Records for the task:

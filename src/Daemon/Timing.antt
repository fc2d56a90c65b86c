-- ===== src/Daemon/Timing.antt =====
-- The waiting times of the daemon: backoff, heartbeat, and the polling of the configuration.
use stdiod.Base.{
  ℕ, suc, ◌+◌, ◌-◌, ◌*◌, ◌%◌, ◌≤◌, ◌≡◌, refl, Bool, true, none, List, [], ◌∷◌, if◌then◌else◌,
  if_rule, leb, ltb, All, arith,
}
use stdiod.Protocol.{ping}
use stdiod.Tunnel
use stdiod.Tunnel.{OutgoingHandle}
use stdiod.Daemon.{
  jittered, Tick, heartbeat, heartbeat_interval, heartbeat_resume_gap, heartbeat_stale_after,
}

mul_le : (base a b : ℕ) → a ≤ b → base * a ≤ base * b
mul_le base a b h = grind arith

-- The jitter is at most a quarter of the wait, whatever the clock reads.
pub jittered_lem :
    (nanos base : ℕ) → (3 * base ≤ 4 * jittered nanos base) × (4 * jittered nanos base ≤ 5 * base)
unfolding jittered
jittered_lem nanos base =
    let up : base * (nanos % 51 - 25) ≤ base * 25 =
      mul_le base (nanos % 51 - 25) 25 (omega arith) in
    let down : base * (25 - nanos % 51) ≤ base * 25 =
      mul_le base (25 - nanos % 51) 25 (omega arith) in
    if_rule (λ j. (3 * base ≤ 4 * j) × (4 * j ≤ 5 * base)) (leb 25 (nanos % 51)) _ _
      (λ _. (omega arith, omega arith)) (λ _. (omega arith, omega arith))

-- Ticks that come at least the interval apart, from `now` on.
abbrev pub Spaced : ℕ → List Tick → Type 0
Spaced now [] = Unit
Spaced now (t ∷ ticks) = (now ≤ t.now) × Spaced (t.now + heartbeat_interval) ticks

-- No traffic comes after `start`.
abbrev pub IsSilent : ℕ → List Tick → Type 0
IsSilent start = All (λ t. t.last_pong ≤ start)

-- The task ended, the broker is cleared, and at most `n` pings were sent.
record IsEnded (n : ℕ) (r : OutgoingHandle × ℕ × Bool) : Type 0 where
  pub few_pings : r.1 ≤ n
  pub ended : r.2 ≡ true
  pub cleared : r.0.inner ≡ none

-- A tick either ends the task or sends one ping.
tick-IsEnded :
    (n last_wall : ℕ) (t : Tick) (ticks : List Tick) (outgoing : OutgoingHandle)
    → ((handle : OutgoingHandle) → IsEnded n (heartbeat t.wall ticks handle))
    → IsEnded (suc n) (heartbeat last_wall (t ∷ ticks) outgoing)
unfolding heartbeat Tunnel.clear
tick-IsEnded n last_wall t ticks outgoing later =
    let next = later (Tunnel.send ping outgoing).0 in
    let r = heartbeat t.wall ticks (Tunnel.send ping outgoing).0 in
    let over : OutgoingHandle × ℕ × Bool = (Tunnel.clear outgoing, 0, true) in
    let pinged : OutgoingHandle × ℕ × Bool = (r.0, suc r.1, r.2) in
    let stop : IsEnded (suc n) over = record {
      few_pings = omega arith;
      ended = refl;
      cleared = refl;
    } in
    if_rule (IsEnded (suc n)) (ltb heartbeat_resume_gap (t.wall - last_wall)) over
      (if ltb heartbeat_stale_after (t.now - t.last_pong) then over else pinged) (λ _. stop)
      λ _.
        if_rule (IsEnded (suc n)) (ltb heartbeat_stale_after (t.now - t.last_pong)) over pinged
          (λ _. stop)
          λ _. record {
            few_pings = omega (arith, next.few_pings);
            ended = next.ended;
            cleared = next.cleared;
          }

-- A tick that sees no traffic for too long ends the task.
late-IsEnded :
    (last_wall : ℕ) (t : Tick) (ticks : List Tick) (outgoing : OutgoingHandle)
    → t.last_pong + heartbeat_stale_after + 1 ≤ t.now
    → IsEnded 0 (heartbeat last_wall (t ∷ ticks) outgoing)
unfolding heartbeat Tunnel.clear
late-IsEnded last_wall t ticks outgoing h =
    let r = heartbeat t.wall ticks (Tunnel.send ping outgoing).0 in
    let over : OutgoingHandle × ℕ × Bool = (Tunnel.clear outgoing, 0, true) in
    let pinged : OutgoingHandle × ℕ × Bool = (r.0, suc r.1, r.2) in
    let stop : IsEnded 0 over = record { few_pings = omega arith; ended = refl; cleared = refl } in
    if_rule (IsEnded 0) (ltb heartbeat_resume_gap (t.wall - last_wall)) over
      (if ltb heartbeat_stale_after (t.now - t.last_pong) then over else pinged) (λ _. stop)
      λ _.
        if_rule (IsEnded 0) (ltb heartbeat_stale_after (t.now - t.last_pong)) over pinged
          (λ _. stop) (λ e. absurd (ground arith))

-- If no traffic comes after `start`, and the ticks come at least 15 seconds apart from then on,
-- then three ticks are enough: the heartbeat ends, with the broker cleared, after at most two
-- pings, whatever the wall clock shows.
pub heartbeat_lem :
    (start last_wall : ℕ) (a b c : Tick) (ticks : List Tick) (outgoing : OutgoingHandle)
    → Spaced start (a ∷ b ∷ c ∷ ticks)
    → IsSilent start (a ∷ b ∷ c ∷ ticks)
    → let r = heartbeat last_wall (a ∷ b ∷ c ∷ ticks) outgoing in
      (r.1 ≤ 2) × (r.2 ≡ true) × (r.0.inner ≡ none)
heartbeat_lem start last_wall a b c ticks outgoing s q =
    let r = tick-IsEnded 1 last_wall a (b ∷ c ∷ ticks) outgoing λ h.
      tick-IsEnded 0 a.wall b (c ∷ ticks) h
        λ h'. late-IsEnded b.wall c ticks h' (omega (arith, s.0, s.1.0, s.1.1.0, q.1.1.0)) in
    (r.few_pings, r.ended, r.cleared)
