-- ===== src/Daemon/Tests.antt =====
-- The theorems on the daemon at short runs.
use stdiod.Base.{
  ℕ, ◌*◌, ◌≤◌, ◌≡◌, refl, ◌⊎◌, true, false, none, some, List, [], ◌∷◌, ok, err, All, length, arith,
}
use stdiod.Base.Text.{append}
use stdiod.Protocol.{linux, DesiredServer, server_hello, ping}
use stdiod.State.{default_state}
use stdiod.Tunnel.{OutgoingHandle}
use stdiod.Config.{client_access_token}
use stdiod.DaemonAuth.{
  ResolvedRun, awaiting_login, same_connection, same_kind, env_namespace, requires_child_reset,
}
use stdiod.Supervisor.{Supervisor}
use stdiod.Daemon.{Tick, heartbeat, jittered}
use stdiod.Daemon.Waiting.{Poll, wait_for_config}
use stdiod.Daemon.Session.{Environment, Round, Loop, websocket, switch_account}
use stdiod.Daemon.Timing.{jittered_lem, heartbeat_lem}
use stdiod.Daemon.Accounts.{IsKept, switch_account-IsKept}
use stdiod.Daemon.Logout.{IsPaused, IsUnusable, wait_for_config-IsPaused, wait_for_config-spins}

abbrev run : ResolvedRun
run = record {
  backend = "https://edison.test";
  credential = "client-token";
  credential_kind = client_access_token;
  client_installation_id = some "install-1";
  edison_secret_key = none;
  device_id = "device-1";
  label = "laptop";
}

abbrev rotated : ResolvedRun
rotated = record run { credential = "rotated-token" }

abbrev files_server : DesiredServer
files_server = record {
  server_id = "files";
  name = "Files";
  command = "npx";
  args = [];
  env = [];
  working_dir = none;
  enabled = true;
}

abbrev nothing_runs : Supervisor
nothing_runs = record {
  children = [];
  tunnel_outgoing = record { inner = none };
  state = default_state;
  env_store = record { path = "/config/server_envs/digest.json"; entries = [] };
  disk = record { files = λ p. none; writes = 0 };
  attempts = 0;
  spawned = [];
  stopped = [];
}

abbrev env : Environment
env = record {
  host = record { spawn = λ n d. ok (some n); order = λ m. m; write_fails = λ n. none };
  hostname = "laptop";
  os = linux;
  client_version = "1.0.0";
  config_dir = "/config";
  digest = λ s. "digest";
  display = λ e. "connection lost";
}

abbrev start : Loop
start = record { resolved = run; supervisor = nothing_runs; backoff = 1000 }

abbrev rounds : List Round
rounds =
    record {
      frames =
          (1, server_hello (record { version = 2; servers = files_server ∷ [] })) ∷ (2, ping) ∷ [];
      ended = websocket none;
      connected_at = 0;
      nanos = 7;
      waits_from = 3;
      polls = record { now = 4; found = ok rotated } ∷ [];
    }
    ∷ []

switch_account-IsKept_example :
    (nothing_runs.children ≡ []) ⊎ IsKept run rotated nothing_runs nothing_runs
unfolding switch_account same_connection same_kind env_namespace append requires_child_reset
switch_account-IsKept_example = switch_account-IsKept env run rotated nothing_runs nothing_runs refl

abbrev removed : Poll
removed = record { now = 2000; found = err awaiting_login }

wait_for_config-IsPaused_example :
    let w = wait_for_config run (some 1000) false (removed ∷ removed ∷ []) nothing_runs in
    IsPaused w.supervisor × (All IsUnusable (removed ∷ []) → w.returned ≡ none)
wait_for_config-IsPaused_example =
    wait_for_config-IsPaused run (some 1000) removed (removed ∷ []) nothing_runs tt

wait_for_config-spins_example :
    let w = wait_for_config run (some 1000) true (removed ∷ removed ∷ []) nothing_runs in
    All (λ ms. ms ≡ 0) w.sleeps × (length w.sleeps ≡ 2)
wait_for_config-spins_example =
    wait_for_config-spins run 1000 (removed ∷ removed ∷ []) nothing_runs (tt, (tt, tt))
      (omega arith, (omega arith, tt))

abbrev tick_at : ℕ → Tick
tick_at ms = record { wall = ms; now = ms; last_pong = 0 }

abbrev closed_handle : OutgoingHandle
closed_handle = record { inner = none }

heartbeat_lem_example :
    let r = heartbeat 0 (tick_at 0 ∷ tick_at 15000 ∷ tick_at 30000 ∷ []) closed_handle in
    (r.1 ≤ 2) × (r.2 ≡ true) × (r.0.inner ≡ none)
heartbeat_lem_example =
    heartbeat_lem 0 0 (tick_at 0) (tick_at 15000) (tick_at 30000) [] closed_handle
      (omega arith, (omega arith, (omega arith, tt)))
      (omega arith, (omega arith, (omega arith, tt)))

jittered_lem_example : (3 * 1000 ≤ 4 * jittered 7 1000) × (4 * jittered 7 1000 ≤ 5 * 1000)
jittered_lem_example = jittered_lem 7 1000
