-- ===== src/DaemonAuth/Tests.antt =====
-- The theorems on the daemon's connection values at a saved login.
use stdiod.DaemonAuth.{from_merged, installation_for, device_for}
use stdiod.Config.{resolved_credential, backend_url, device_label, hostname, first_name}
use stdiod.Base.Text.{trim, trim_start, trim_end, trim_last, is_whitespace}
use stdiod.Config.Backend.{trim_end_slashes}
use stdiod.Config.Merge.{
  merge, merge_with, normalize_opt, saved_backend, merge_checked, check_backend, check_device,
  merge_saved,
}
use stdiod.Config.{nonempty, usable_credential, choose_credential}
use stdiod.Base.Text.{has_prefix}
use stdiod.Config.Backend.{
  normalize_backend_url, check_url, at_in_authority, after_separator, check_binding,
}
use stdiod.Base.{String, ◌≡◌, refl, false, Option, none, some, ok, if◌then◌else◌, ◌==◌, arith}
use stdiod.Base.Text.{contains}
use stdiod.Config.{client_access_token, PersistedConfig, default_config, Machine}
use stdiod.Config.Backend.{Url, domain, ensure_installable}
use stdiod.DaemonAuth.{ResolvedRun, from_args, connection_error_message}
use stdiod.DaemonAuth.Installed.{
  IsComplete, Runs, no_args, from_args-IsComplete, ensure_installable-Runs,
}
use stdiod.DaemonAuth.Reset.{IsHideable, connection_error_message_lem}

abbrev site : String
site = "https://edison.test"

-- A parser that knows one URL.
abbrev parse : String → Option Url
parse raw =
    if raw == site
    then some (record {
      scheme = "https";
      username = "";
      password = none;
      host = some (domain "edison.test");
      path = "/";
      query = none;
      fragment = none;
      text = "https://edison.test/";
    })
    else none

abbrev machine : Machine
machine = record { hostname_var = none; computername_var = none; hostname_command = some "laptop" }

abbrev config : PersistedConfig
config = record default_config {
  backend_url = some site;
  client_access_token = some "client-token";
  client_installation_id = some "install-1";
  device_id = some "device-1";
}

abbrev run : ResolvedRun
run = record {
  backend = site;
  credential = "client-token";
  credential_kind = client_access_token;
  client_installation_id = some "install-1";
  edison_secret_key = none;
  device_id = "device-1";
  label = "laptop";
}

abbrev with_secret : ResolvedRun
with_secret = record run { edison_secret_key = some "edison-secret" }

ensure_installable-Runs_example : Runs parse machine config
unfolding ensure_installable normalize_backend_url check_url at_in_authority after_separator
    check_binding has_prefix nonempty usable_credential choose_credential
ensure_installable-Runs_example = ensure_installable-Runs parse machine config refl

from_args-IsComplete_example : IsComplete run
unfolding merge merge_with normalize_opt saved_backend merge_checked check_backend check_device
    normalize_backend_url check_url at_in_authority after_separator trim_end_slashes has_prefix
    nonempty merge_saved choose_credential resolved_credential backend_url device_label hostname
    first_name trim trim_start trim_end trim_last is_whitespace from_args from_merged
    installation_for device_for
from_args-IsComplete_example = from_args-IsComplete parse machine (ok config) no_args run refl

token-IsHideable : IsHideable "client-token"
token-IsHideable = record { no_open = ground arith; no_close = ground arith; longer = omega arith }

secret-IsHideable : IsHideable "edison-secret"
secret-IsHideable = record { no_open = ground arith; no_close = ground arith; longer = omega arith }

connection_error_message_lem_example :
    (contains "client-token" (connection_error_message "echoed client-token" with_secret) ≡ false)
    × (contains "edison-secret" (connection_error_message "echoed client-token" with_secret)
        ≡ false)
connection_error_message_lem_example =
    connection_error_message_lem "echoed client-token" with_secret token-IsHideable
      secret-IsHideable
==
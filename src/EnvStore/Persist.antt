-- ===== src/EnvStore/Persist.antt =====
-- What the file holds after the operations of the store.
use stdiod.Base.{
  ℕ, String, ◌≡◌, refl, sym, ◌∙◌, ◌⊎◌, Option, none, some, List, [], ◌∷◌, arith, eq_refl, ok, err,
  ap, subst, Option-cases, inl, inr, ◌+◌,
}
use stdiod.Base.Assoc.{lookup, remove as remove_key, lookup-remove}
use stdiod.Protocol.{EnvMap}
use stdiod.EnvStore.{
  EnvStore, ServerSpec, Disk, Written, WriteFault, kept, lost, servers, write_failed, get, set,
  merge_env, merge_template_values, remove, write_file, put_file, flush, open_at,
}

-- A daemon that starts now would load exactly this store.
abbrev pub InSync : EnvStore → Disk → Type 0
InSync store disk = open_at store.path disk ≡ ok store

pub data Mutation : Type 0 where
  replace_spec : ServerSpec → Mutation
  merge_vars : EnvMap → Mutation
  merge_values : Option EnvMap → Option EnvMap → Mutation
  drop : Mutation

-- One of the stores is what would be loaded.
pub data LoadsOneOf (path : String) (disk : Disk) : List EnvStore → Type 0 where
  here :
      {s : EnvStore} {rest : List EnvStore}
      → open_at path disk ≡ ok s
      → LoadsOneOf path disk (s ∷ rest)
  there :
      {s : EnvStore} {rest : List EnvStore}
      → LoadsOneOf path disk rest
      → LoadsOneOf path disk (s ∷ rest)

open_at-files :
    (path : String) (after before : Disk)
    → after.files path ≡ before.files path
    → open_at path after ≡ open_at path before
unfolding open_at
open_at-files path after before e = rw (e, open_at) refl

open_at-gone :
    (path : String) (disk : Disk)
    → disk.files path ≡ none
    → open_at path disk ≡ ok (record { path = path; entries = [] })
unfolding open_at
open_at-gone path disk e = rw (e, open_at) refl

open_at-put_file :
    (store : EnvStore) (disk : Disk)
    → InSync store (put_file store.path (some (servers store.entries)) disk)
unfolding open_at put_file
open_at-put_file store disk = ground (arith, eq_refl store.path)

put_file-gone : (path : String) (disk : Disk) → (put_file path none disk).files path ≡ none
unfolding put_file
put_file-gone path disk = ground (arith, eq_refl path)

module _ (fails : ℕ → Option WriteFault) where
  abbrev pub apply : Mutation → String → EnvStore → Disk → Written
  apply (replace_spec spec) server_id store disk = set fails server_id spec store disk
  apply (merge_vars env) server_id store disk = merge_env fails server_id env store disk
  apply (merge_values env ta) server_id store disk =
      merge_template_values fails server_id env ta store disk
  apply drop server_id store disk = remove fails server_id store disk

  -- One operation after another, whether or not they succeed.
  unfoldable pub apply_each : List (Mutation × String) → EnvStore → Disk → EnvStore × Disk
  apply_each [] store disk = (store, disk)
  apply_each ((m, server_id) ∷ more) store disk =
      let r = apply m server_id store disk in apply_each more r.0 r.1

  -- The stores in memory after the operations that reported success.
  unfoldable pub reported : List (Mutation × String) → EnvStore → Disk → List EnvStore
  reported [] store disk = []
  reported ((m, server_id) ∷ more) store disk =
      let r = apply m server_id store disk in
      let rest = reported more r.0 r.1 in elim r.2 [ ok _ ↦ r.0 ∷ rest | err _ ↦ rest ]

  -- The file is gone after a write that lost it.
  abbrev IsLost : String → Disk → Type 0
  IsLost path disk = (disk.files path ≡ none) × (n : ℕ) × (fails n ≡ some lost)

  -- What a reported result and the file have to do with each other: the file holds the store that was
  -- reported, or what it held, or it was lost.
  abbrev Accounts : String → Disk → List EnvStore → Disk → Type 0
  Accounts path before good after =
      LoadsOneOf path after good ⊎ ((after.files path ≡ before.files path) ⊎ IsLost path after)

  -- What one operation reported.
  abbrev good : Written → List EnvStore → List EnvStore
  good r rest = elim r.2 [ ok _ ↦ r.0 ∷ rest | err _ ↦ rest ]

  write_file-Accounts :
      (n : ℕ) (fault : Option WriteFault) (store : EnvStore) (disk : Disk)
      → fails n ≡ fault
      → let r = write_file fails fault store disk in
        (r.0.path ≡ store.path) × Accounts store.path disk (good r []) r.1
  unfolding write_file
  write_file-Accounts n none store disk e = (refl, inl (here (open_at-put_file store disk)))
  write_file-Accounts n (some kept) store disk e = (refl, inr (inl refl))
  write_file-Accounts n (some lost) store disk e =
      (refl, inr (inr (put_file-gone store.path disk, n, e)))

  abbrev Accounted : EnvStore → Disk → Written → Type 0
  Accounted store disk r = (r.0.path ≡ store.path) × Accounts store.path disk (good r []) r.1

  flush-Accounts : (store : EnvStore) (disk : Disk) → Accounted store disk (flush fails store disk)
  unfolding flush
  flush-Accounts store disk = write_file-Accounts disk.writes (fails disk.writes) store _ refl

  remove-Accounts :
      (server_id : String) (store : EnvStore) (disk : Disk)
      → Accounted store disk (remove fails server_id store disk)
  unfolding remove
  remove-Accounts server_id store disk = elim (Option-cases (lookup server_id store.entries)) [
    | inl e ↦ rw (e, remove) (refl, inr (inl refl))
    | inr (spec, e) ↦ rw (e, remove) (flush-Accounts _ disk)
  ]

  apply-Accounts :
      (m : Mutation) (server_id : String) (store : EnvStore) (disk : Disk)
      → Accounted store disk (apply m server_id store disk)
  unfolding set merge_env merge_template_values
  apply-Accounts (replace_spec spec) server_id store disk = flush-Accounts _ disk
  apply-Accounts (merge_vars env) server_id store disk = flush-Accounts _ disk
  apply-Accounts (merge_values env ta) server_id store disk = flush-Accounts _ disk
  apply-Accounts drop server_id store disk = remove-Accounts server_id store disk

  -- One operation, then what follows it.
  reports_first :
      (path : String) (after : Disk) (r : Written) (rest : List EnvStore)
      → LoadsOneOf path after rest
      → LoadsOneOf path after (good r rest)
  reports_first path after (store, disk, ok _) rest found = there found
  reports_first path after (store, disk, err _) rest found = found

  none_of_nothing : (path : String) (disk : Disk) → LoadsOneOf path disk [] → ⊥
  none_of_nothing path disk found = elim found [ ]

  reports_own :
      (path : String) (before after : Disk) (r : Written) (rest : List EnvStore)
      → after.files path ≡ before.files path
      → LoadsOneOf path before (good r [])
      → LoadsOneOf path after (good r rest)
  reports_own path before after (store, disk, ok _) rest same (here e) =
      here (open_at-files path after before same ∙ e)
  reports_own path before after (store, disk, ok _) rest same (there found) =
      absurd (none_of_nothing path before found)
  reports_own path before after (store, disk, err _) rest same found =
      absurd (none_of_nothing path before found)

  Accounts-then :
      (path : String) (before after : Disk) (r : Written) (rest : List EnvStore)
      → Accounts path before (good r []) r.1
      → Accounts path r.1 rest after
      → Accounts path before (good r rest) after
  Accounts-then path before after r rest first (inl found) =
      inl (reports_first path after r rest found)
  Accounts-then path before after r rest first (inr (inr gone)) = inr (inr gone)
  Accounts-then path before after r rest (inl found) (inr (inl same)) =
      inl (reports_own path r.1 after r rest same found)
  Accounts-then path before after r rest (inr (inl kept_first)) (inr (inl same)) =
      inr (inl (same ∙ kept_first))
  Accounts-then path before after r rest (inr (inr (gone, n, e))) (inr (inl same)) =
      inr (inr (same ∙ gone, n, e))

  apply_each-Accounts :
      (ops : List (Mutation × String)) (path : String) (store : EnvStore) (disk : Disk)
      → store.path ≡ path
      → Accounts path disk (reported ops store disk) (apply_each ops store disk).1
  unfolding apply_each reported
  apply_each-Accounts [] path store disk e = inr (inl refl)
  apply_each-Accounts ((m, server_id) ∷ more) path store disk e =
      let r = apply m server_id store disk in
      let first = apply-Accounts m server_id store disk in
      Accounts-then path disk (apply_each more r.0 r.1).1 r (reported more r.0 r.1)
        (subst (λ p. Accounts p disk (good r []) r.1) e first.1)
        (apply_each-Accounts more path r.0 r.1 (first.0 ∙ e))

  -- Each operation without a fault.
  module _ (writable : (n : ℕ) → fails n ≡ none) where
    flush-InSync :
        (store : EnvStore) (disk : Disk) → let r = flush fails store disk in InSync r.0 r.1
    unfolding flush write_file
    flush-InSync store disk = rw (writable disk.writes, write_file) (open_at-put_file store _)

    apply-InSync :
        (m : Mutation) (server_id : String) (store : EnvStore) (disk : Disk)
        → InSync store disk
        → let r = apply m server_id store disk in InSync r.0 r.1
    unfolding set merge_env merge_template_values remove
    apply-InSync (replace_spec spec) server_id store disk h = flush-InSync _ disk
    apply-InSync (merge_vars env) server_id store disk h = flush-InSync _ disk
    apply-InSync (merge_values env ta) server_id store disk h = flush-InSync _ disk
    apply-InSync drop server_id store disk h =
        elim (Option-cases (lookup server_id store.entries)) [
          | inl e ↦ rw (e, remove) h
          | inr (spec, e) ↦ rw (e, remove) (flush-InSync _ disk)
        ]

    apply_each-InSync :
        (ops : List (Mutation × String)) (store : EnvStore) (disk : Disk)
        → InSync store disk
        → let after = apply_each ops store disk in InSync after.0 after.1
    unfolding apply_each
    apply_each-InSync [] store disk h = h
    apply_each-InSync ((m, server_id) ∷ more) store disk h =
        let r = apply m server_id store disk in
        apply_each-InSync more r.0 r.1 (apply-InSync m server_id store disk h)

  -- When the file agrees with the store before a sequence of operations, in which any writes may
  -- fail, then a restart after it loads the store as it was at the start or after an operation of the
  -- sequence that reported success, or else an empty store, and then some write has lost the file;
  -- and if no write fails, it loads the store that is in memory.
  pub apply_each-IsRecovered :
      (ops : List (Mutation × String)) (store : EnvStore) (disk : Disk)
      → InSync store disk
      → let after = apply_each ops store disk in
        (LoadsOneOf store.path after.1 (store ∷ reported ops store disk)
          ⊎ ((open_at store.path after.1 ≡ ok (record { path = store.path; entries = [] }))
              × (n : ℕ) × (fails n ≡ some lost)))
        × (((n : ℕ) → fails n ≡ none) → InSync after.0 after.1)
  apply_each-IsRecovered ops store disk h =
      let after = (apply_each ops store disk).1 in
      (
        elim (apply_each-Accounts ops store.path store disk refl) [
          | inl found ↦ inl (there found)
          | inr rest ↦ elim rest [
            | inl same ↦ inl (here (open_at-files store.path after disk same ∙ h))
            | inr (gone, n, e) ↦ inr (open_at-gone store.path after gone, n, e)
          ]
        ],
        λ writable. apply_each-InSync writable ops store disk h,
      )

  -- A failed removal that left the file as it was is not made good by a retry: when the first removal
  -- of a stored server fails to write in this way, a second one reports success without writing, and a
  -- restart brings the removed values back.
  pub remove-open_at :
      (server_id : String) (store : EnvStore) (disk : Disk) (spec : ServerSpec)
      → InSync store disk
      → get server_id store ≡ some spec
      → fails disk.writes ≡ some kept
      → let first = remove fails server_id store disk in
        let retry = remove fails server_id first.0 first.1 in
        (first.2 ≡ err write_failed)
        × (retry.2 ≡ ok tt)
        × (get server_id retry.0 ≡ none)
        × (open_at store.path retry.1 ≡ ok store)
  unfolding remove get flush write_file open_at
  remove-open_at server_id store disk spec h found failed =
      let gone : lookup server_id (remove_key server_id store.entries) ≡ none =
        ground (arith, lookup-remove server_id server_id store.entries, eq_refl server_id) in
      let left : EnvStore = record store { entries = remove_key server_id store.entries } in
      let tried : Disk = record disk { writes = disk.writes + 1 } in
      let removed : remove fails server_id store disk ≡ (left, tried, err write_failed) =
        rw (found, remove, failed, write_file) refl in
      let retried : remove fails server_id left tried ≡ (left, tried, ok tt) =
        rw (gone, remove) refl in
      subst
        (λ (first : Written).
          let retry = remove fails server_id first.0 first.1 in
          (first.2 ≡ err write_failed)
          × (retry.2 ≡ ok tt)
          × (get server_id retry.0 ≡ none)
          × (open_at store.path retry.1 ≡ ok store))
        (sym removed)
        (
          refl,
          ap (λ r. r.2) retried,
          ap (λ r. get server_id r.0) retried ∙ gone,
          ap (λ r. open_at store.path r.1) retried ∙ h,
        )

Required work:
Write down only how many lines in the listing contain the word "children".

Solution to this exercise:
2